[Stored data]
****************

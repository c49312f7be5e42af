-- ===== src/Elf.antt =====
-- The converters: `i51elf_le2be.py` in Convert, `i51elf_sym_uc.py` in Symbols and `i51elf_ar.py` in Archive, over the
-- integer fields of Struct.
pub mod Struct
pub mod Convert
pub mod Symbols
pub mod Archive
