-- ===== src/Points/Statements.antt =====
-- The SQL of internal/repository/users.go and checkin.go. A column of type INT holds 32 bits:
-- the server refuses a parameter or a sum that does not fit.
use magic_jigsaw.Prelude.{
  ℕ, ◌^◌, Bool, true, false, ◌&&◌, Option, none, some, [], ◌∷◌, ◌++◌, ℤ, pos, negsuc, ◌-◌, ◌+ℤ◌,
  ◌-ℤ◌, int_le, ◌==◌, if◌then◌else◌,
}
use magic_jigsaw.Db.Table.{select, update, exists}
use magic_jigsaw.Db.Schema.{UserRow, CheckinRow}
use magic_jigsaw.Db.Action.{Statement}

unfoldable pub fits_int4 : ℤ → Bool
fits_int4 z = int_le (negsuc (2 ^ 31 - 1)) z && int_le z (pos (2 ^ 31 - 1))

-- WHERE id = $1
abbrev pub user_is : ℕ → UserRow → Bool
user_is id u = u.id == id

-- SELECT xp FROM users WHERE id = $1
unfoldable pub select_xp : ℕ → Statement (Option ℤ)
select_xp id d = elim (select (user_is id) d.users) [
  | none ↦ some (none, d)
  | some u ↦ some (some u.xp, d)
]

abbrev pub gain_xp : ℤ → UserRow → UserRow
gain_xp amount u = record u { xp = u.xp +ℤ amount }

-- UPDATE users SET xp = xp + $2 WHERE id = $1 RETURNING xp
unfoldable pub update_xp : ℕ → ℤ → Statement (Option ℤ)
update_xp id amount d =
    if fits_int4 amount
    then (elim (select (user_is id) d.users) [
      | none ↦ some (none, d)
      | some u ↦
          if fits_int4 (u.xp +ℤ amount)
          then some (
            some (u.xp +ℤ amount),
            record d { users = update (user_is id) (gain_xp amount) d.users },
          )
          else none
    ])
    else none

-- SELECT unlock_points FROM users WHERE id = $1
unfoldable pub select_unlock_points : ℕ → Statement (Option ℤ)
select_unlock_points id d = elim (select (user_is id) d.users) [
  | none ↦ some (none, d)
  | some u ↦ some (some u.unlock_points, d)
]

abbrev pub gain_points : ℤ → UserRow → UserRow
gain_points amount u = record u { unlock_points = u.unlock_points +ℤ amount }

-- UPDATE users SET unlock_points = unlock_points + $2 WHERE id = $1 RETURNING unlock_points
unfoldable pub update_add_points : ℕ → ℤ → Statement (Option ℤ)
update_add_points id amount d =
    if fits_int4 amount
    then (elim (select (user_is id) d.users) [
      | none ↦ some (none, d)
      | some u ↦
          if fits_int4 (u.unlock_points +ℤ amount)
          then some (
            some (u.unlock_points +ℤ amount),
            record d { users = update (user_is id) (gain_points amount) d.users },
          )
          else none
    ])
    else none

-- WHERE id = $1 AND unlock_points >= $2
abbrev pub can_spend : ℕ → ℤ → UserRow → Bool
can_spend id amount u = user_is id u && int_le amount u.unlock_points

abbrev pub lose_points : ℤ → UserRow → UserRow
lose_points amount u = record u { unlock_points = u.unlock_points -ℤ amount }

-- UPDATE users SET unlock_points = unlock_points - $2 WHERE id = $1 AND unlock_points >= $2
-- RETURNING unlock_points
unfoldable pub update_spend_points : ℕ → ℤ → Statement (Option ℤ)
update_spend_points id amount d =
    if fits_int4 amount
    then (elim (select (can_spend id amount) d.users) [
      | none ↦ some (none, d)
      | some u ↦
          if fits_int4 (u.unlock_points -ℤ amount)
          then some (
            some (u.unlock_points -ℤ amount),
            record d { users = update (can_spend id amount) (lose_points amount) d.users },
          )
          else none
    ])
    else none

abbrev pub checkin_is : ℕ → ℕ → CheckinRow → Bool
checkin_is user_id date c = c.user_id == user_id && c.check_date == date

-- INSERT INTO checkins (user_id, check_date) VALUES ($1, $2) ON CONFLICT DO NOTHING: whether a row
-- was affected. The user must exist.
unfoldable pub insert_checkin : ℕ → ℕ → Statement Bool
insert_checkin user_id date d =
    if exists (checkin_is user_id date) d.checkins
    then some (false, d)
    else if exists (user_is user_id) d.users
    then some (
      true,
      record d { checkins = d.checkins ++ record { user_id = user_id; check_date = date } ∷ [] },
    )
    else none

****************

• _TASK BRIEF_
Set down, exactly as they appear, the lines above from the first one to the line that holds "abbrev pub gain_points", both included, please, and no others.

• _SOLUTION TO THE PROBLEM_
repository c49312f7be5e42af
-- ===== src/Elf.antt =====
-- The converters: `i51elf_le2be.py` in Convert, `i51elf_sym_uc.py` in Symbols and `i51elf_ar.py` in Archive, over the
-- integer fields of Struct.
pub mod Struct
pub mod Convert
pub mod Symbols
pub mod Archive
-- ===== src/Points/Statements.antt =====
-- The SQL of internal/repository/users.go and checkin.go. A column of type INT holds 32 bits:
-- the server refuses a parameter or a sum that does not fit.
use magic_jigsaw.Prelude.{
  ℕ, ◌^◌, Bool, true, false, ◌&&◌, Option, none, some, [], ◌∷◌, ◌++◌, ℤ, pos, negsuc, ◌-◌, ◌+ℤ◌,
  ◌-ℤ◌, int_le, ◌==◌, if◌then◌else◌,
}
use magic_jigsaw.Db.Table.{select, update, exists}
use magic_jigsaw.Db.Schema.{UserRow, CheckinRow}
use magic_jigsaw.Db.Action.{Statement}

unfoldable pub fits_int4 : ℤ → Bool
fits_int4 z = int_le (negsuc (2 ^ 31 - 1)) z && int_le z (pos (2 ^ 31 - 1))

-- WHERE id = $1
abbrev pub user_is : ℕ → UserRow → Bool
user_is id u = u.id == id

-- SELECT xp FROM users WHERE id = $1
unfoldable pub select_xp : ℕ → Statement (Option ℤ)
select_xp id d = elim (select (user_is id) d.users) [
  | none ↦ some (none, d)
  | some u ↦ some (some u.xp, d)
]

abbrev pub gain_xp : ℤ → UserRow → UserRow
gain_xp amount u = record u { xp = u.xp +ℤ amount }

-- UPDATE users SET xp = xp + $2 WHERE id = $1 RETURNING xp
unfoldable pub update_xp : ℕ → ℤ → Statement (Option ℤ)
update_xp id amount d =
    if fits_int4 amount
    then (elim (select (user_is id) d.users) [
      | none ↦ some (none, d)
      | some u ↦
          if fits_int4 (u.xp +ℤ amount)
          then some (
            some (u.xp +ℤ amount),
            record d { users = update (user_is id) (gain_xp amount) d.users },
          )
          else none
    ])
    else none

-- SELECT unlock_points FROM users WHERE id = $1
unfoldable pub select_unlock_points : ℕ → Statement (Option ℤ)
select_unlock_points id d = elim (select (user_is id) d.users) [
  | none ↦ some (none, d)
  | some u ↦ some (some u.unlock_points, d)
]

abbrev pub gain_points : ℤ → UserRow → UserRow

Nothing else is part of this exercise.